#ubuntu-toolchain 2005-11-18
<Riddell> doko_: http://bugs.kde.org/show_bug.cgi?id=111115
<Riddell> http://gcc.gnu.org/bugzilla/show_bug.cgi?id=19664
<Riddell> doko_: is it possible to get that fix?
#ubuntu-toolchain 2005-11-19
<doko_> Riddell: hmm, I thought we were not using -fvisibility? the patch is not upstream, and even delayed for 4.1
<Riddell> well I thought I'd give the -fvisibility thing a shot, but I can always turn it off
<doko_> give it a shot in a rebuild which doesn't hit the archives?
<Riddell> not yet
<Riddell> waiting on the c++ transition stuff
<Riddell> doko_: any idea why subversion is failing to build?  http://kubuntu.pastebin.com/428529
<Riddell> I changed the build-dep from libdb4.2 to libdb4.3
<Riddell> but that doesn't seem to be the issue
<doko_> Riddell: didn't look I have here a 1.3.0 build, which builds ok for me
<Riddell> doko_: any plans to upload that?
<Riddell> I need a subversion using libdb4.3 for kdesdk
<doko_> Riddell: did you read 19664? It's a can of worms ... requires more than the visibility patch to the headers
<doko_> hmm, and what about upgrading subversion databases? is it needed?
<Riddell> subversion databases?
<Riddell> doko_: I've not read 19664 closely, gcc hacking is more your area than mine, if it's a bother then I'll just not use visibility
<doko_> from the report:
<doko_> I agree Geoff, we should hold off on this for 4.1, and try to hit 4.2. If
<doko_> things get solid sooner, maybe this can be reconsidered.
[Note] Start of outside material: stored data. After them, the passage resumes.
-- ===== src/Candidate/Select.antt =====
-- selectBestByScore: the groups of the selected candidates, and the verdict on each group. The Go map
-- of groups is a list of pairs here, in the order in which the keys were first met; its keys are the
-- parts that the Go code formats into one string, which determines them.
pub mod Shrinks
pub mod Grouping
pub mod Verdicts
pub mod Disjoint
use aninode.Prelude.{
  ℕ, zero, suc, ◌+◌, Bool, true, false, not, ◌&&◌, ◌||◌, if◌then◌else◌, ◌==◌, leb, ltb, ℤ, eqb_ℤ,
  List, [], ◌∷◌, ◌++◌, Text, text_eq, Option, length, sort_stable,
}
use aninode.Episode.{overlaps}
use aninode.Candidate.{
  Candidate, at, update, is_movie, is_selected, superseded, best_for_movie, superseded_by,
  best_release_set, overlap_superseded_by, superseded_by_better_set,
}
use aninode.Candidate.Order.{ContentSource, better}
use aninode.Candidate.Schedule.{best_selection, ends_before}

pub data GroupKey : Type 0 where
  movie : Text → GroupKey
  season : Text → ℤ → Bool → GroupKey

unfoldable pub group_key : Candidate → GroupKey
group_key c =
    if is_movie c then movie c.entry_key else season c.entry_key c.episode.season c.episode.special

unfoldable pub same_key : GroupKey → GroupKey → Bool
same_key (movie e) (movie f) = text_eq e f
same_key (movie e) (season f n b) = false
same_key (season e m a) (movie f) = false
same_key (season e m a) (season f n b) = text_eq e f && eqb_ℤ m n && (if a then b else not b)

abbrev pub Groups : Type 0
Groups = List (GroupKey × List ℕ)

-- groups[key] = append(groups[key], i)
unfoldable pub add_to_group : GroupKey → ℕ → Groups → Groups
add_to_group key i [] = (key, i ∷ []) ∷ []
add_to_group key i ((k, idx) ∷ gs) =
    let rest = add_to_group key i gs in
    if same_key k key then (k, idx ++ i ∷ []) ∷ gs else (k, idx) ∷ rest

-- The first loop; `i` is the index of the first candidate of the list.
unfoldable pub group_candidates : ℕ → List Candidate → Groups → Groups
group_candidates i [] gs = gs
group_candidates i (c ∷ cs) gs =
    group_candidates (suc i) cs (if is_selected c then add_to_group (group_key c) i gs else gs)

-- chosen[i]
unfoldable pub contains_index : List ℕ → ℕ → Bool
contains_index [] i = false
contains_index (j ∷ js) i = j == i || contains_index js i

-- The loop that gives the chosen candidates their reason.
unfoldable pub mark_chosen : List ℕ → List Candidate → List Candidate
mark_chosen [] cs = cs
mark_chosen (i ∷ is) cs = mark_chosen is (update cs i (λ c. record c { reason = best_release_set }))

module _ (sources : List (Text × ContentSource)) (score : Option (Candidate → ℤ)) where
  -- The candidates of `is` that overlap candidate `i`.
  unfoldable pub conflicts_of : List Candidate → ℕ → List ℕ → List ℕ
  conflicts_of cs i [] = []
  conflicts_of cs i (winner ∷ is) =
      let rest = conflicts_of cs i is in
      if overlaps (at cs i).episode (at cs winner).episode then winner ∷ rest else rest

  -- The body of the last loop, for a candidate that was not chosen. Go visits the set of the chosen
  -- in any order; only the id in the reason can depend on it.
  unfoldable pub supersede : List ℕ → ℕ → List Candidate → List Candidate
  supersede chosen i cs =
      let ranked =
        sort_stable (λ a bx. better sources score (at cs a) (at cs bx))
          (conflicts_of cs i chosen) in
      update cs i (λ c. record c {
        decision = superseded;
        reason = elim ranked [
          | [] ↦ superseded_by_better_set
          | j ∷ js ↦ overlap_superseded_by (at cs j).acquisition.id
        ];
      })

  -- The last loop, over the sorted group.
  unfoldable pub supersede_rest : List ℕ → List ℕ → List Candidate → List Candidate
  supersede_rest chosen [] cs = cs
  supersede_rest chosen (i ∷ is) cs =
      supersede_rest chosen is (if contains_index chosen i then cs else supersede chosen i cs)

  -- The body of the loop over the groups, for a season.
  unfoldable pub select_season : List ℕ → List Candidate → List Candidate
  select_season idx cs =
      let chosen = (best_selection sources score cs idx).indexes in
      supersede_rest chosen (sort_stable (ends_before sources score cs) idx) (mark_chosen chosen cs)

  -- The loop over idx[1:] for a movie.
  unfoldable pub supersede_all : Text → List ℕ → List Candidate → List Candidate
  supersede_all winner [] cs = cs
  supersede_all winner (i ∷ is) cs =
      supersede_all winner is
        (update cs i (λ c. record c { decision = superseded; reason = superseded_by winner }))

  -- For a movie, on the sorted group.
  unfoldable pub select_sorted : List ℕ → List Candidate → List Candidate
  select_sorted [] cs = cs
  select_sorted (winner ∷ rest) cs =
      supersede_all (at cs winner).acquisition.id rest
        (update cs winner (λ c. record c { reason = best_for_movie }))

  unfoldable pub select_movie : List ℕ → List Candidate → List Candidate
  select_movie idx cs =
      select_sorted (sort_stable (λ i j. better sources score (at cs i) (at cs j)) idx) cs

  -- The body of the loop over the groups.
  unfoldable pub select_group : List ℕ → List Candidate → List Candidate
  select_group [] cs = cs
  select_group (i ∷ []) cs = cs
  select_group (i ∷ j ∷ is) cs =
      if is_movie (at cs i) then select_movie (i ∷ j ∷ is) cs else select_season (i ∷ j ∷ is) cs

  unfoldable pub select_groups : Groups → List Candidate → List Candidate
  select_groups [] cs = cs
  select_groups ((k, idx) ∷ gs) cs = select_groups gs (select_group idx cs)

  -- selectBestByScore
  unfoldable pub select_best : List Candidate → List Candidate
  select_best cs = select_groups (group_candidates 0 cs []) cs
Adding this patch to
<doko_> 4.0.x is out of the question, it has the potential to change too many things.
<Riddell> aw man, 4.2.  we'll never get visibility in :(
<doko> fabbione: regarding the libstdc++ allocator change: I did ask lamont to shutdown the hppa buildd tomorrow at 22:00 UTC, could you do the same for sparc and/or only build the gcc-4.0 and gcc-3.4 packages?
<fabbione> doko: will do
<doko> fabbione: do you know when infinity is back?
<fabbione> doko: i think tomorrow
<fabbione> he had today off
<fabbione> and i am going to crash really soon
<doko> ok, it's enough if he's online tomorrow
<fabbione> doko: the sparc buildd is surely lagging behind
<fabbione> given that i didn't turn on my pc for 2 days
<fabbione> what's the watermark for this allocator change
<fabbione> ?
<fabbione> what do i need to build before gcc?
<doko> http://lists.debian.org/debian-release/2005/11/msg00097.html
<doko> nothing before gcc
<fabbione> ok
<jbailey> doko: Eh, I see that there's a CVS snap of binutils.  Any idea if that includes the sparc64 TLS stuff?  I think it should.
<doko> jbailey: no, forgot about that one. it's just the merge
<jbailey> I suspect it's in there anyway.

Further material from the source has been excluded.